(Items listed in a dataset)
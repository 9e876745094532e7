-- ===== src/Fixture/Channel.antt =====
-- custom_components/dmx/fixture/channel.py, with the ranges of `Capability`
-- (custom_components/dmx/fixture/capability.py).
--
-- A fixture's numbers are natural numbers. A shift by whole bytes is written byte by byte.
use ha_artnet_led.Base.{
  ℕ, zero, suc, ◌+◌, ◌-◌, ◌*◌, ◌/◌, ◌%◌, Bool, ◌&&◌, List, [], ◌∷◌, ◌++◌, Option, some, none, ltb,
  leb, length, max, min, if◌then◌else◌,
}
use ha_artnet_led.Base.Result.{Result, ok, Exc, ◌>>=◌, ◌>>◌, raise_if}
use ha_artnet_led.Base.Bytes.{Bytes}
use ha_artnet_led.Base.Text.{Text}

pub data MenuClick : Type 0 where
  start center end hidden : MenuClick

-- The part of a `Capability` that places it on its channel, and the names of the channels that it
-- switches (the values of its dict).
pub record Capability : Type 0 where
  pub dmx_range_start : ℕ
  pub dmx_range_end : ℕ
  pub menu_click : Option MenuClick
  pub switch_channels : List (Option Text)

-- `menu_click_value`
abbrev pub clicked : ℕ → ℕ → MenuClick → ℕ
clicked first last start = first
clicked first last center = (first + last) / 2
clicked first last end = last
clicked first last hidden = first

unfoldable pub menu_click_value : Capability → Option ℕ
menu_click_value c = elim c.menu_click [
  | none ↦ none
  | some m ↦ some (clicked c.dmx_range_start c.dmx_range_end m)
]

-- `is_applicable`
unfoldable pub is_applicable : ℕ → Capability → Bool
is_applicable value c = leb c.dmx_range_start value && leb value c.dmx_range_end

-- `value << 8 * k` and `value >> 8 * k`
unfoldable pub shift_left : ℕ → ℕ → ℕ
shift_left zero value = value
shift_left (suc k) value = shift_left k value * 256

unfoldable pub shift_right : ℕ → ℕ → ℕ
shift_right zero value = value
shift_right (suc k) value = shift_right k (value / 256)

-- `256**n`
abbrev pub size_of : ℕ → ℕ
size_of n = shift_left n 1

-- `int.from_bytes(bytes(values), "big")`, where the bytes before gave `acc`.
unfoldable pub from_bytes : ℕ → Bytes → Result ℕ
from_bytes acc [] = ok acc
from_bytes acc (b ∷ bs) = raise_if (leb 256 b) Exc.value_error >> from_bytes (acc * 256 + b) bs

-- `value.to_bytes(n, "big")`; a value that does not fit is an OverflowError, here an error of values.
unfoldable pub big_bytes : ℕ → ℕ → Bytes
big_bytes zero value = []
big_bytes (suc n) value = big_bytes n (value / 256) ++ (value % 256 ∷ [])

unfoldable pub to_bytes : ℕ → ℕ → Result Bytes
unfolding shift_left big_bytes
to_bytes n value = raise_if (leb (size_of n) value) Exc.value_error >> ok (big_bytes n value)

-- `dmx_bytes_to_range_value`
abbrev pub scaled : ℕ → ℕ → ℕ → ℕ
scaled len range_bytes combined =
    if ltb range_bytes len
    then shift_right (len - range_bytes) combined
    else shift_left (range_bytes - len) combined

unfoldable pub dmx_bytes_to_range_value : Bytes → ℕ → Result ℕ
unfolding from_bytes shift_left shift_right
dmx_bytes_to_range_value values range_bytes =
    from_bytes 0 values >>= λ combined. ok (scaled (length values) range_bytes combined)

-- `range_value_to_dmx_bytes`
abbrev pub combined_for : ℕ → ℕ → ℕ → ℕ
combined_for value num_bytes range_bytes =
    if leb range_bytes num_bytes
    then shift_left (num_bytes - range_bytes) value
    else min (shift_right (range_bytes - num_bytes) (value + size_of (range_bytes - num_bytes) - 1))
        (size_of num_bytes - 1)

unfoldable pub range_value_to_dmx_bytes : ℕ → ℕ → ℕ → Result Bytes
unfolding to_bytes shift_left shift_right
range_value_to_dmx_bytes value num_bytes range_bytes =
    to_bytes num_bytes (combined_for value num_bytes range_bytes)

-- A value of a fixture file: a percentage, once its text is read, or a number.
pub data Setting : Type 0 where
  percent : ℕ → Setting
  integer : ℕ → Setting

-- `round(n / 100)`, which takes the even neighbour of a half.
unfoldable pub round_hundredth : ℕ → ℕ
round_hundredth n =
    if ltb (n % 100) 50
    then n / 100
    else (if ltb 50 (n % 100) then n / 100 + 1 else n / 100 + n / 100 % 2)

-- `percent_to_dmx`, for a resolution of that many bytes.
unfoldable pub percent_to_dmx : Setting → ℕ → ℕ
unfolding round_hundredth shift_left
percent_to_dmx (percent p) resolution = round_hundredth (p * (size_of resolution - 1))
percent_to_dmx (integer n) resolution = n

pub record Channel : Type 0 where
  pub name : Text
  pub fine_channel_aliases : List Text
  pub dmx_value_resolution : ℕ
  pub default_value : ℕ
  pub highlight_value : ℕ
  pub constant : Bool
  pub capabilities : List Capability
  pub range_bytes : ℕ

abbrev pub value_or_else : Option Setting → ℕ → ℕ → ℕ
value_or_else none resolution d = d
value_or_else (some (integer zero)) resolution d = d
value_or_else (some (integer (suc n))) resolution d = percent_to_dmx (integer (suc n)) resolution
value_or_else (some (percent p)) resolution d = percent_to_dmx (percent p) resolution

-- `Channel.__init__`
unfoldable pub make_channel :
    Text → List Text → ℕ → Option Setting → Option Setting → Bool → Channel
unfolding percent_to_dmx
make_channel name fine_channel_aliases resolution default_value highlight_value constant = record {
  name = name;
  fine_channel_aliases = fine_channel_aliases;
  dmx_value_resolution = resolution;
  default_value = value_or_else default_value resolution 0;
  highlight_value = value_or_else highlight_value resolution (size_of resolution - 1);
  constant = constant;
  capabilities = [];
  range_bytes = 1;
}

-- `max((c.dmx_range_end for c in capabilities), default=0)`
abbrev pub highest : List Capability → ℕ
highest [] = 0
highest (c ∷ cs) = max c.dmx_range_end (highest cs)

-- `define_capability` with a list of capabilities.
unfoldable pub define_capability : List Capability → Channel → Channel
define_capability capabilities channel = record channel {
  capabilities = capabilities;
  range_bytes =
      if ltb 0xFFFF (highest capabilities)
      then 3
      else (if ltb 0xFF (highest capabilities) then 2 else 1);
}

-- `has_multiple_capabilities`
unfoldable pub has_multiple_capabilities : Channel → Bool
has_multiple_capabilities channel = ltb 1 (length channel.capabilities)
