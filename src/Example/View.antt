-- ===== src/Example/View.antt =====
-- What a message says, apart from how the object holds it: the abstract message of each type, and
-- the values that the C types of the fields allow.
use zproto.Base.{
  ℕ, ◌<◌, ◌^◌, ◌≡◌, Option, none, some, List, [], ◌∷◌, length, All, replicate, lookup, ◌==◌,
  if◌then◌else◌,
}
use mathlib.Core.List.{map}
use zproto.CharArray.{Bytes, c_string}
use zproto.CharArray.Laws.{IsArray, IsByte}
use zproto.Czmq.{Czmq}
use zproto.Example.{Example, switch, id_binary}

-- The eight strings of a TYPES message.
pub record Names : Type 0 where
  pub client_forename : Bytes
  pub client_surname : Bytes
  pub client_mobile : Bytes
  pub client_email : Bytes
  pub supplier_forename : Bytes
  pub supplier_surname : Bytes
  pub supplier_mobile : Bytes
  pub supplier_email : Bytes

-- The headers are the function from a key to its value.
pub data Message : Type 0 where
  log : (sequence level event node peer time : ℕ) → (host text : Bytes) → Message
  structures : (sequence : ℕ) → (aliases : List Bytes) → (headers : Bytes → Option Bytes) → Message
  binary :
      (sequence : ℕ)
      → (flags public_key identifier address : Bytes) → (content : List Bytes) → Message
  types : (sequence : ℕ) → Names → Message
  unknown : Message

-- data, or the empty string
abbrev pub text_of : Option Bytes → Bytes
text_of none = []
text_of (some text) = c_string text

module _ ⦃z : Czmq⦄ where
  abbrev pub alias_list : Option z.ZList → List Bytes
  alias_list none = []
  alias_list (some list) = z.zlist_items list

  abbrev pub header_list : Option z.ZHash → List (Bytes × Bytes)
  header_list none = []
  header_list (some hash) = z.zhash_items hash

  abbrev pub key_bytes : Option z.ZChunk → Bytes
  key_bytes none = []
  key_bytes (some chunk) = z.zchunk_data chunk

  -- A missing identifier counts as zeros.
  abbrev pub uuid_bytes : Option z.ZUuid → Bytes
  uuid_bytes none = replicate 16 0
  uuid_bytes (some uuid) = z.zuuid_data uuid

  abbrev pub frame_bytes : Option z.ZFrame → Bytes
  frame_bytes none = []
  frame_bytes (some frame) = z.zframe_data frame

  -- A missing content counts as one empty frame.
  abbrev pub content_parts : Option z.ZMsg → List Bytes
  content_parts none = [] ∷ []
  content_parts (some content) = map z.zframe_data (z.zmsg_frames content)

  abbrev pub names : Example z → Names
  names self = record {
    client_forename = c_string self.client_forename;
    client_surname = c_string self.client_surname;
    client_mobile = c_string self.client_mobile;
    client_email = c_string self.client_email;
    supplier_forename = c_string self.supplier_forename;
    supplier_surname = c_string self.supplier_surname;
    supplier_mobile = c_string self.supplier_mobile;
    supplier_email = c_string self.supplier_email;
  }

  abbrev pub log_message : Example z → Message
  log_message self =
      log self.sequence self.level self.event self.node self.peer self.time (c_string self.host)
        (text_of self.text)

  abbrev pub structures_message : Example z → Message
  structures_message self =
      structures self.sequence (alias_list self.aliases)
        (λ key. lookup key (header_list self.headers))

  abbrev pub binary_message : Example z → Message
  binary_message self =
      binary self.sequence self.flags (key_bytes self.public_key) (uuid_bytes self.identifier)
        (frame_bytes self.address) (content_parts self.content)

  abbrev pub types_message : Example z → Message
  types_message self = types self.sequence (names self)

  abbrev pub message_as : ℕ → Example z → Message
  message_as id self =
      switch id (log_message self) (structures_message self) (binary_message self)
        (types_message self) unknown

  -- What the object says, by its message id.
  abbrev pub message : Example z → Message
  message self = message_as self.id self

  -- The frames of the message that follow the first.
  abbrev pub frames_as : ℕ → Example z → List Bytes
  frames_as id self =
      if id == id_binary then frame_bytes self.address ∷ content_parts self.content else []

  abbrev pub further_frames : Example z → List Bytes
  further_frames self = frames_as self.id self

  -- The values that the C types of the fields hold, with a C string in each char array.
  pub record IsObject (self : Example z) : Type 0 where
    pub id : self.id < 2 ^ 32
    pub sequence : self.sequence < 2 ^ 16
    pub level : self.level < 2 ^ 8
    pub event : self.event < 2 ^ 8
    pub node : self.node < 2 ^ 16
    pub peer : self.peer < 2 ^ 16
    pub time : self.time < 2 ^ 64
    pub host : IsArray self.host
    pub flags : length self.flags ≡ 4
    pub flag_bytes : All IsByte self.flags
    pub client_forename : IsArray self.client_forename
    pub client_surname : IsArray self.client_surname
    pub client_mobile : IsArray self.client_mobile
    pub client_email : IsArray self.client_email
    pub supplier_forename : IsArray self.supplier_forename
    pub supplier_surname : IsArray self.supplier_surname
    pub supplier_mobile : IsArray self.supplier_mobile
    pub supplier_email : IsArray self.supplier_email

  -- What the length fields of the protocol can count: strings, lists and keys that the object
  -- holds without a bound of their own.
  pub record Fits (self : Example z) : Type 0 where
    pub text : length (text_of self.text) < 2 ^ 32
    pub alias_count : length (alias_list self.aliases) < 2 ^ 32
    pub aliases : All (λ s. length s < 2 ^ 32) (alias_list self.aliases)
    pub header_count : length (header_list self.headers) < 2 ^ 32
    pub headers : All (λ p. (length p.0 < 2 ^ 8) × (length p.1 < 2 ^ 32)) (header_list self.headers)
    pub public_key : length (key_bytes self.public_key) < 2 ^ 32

* **THE TASK**
From the records above, print only the lines between the one holding "-- switches (the values of its dict)." and the one holding "unfoldable pub shift_left : ℕ → ℕ → ℕ", inclusive, exactly as they stand.

* **EXERCISE RESULT**
-- switches (the values of its dict).
pub record Capability : Type 0 where
  pub dmx_range_start : ℕ
  pub dmx_range_end : ℕ
  pub menu_click : Option MenuClick
  pub switch_channels : List (Option Text)

-- `menu_click_value`
abbrev pub clicked : ℕ → ℕ → MenuClick → ℕ
clicked first last start = first
clicked first last center = (first + last) / 2
clicked first last end = last
clicked first last hidden = first

unfoldable pub menu_click_value : Capability → Option ℕ
menu_click_value c = elim c.menu_click [
  | none ↦ none
  | some m ↦ some (clicked c.dmx_range_start c.dmx_range_end m)
]

-- `is_applicable`
unfoldable pub is_applicable : ℕ → Capability → Bool
is_applicable value c = leb c.dmx_range_start value && leb value c.dmx_range_end

-- `value << 8 * k` and `value >> 8 * k`
unfoldable pub shift_left : ℕ → ℕ → ℕ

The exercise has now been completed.